Work item –
Restate word for word the entries below, starting with the line with "-- What the parent and the kernel do, and" and continuing through the line with "pub there : (s.users place).pid ≡ pid". Include both of those lines and no others.

** Source material follows **

-- ===== src/TalkServer/System.antt =====
-- What the parent and the kernel do, and what should hold of the parent's table.
use Prim.Native.Nat.{◌≤◌, ◌<◌}
use c_language_learnning.Base.{ℕ, ◌≡◌, Option, none, some, List, [], ◌∷◌, ◌⊎◌}
use c_language_learnning.Base.Int.{pos}
use c_language_learnning.TalkServer.{
  user_limit, Client, Server, put, start, Connection, on_connection, Signal, sigchld, sigterm,
  other, on_signal,
}

-- The children that `waitpid` has not returned yet: the number that each was started with, by its process.
abbrev pub Children : Type 0
Children = ℕ → Option ℕ

-- A child that there is: its place in the table, where both directions of the map agree.
pub record Placed (s : Server) (pid idx : ℕ) : Type 0 where
  pub place : ℕ
  pub low : place < s.user_count
  pub there : (s.users place).pid ≡ pid
  pub mapped : s.sub_process pid ≡ pos place
  pub idx_low : idx < user_limit

-- A place of the table: its child, and the way back to the place.
pub record Filled (s : Server) (live : Children) (j : ℕ) : Type 0 where
  pub idx : ℕ
  pub alive : live (s.users j).pid ≡ some idx
  pub back : s.sub_process (s.users j).pid ≡ pos j

pub record Inv (s : Server) (live : Children) : Type 0 where
  pub few : s.user_count ≤ user_limit
  pub placed : (pid idx : ℕ) → live pid ≡ some idx → Placed s pid idx
  pub filled : (j : ℕ) → j < s.user_count → Filled s live j

-- The children that `waitpid` returns one after another, and those that there are then.
pub data Exits : Children → List ℕ → Children → Type 0 where
  no_more : {live : Children} → Exits live [] live
  exits :
      {live live' : Children} {pids : List ℕ}
      → (pid idx : ℕ) → live pid ≡ some idx
      → Exits (put live pid none) pids live'
      → Exits live (pid ∷ pids) live'

-- What the parent and the kernel do. `fork` returns a process that is none of the children, `waitpid` a child; the
-- number that a child is started with is its place then.
pub data Step : Server → Children → Server → Children → Type 0 where
  turned_away :
      {s : Server} {live : Children}
      → (c : Option Connection) → user_limit ≤ s.user_count
      → Step s live (on_connection c s).0 live
  not_forked :
      {s : Server} {live : Children}
      → (c : Connection) → c.forked ≡ none
      → Step s live (on_connection (some c) s).0 live
  connected :
      {s : Server} {live : Children}
      → (c : Connection) → (pid : ℕ) → c.forked ≡ some pid
      → live pid ≡ none
      → s.user_count < user_limit
      → Step s live (on_connection (some c) s).0 (put live pid (some s.user_count))
  exited :
      {s : Server} {live live' : Children}
      → (pids : List ℕ) → Exits live pids live'
      → Step s live (on_signal (sigchld pids) s).0 live'
  signalled :
      {s : Server} {live : Children}
      → (sig : Signal) → sig ≡ sigterm ⊎ sig ≡ other
      → Step s live (on_signal sig s).0 live

-- The states that the server reaches from its start.
pub data Reach : Server → Children → Type 0 where
  begin : (users : ℕ → Client) → Reach (start users) (λ pid. none)
  onward :
      {s s' : Server} {live live' : Children} → Reach s live → Step s live s' live' → Reach s' live'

** End of Source material **

Written solution –
-- What the parent and the kernel do, and what should hold of the parent's table.
use Prim.Native.Nat.{◌≤◌, ◌<◌}
use c_language_learnning.Base.{ℕ, ◌≡◌, Option, none, some, List, [], ◌∷◌, ◌⊎◌}
use c_language_learnning.Base.Int.{pos}
use c_language_learnning.TalkServer.{
  user_limit, Client, Server, put, start, Connection, on_connection, Signal, sigchld, sigterm,
  other, on_signal,
}

-- The children that `waitpid` has not returned yet: the number that each was started with, by its process.
abbrev pub Children : Type 0
Children = ℕ → Option ℕ

-- A child that there is: its place in the table, where both directions of the map agree.
pub record Placed (s : Server) (pid idx : ℕ) : Type 0 where
  pub place : ℕ
  pub low : place < s.user_count
  pub there : (s.users place).pid ≡ pid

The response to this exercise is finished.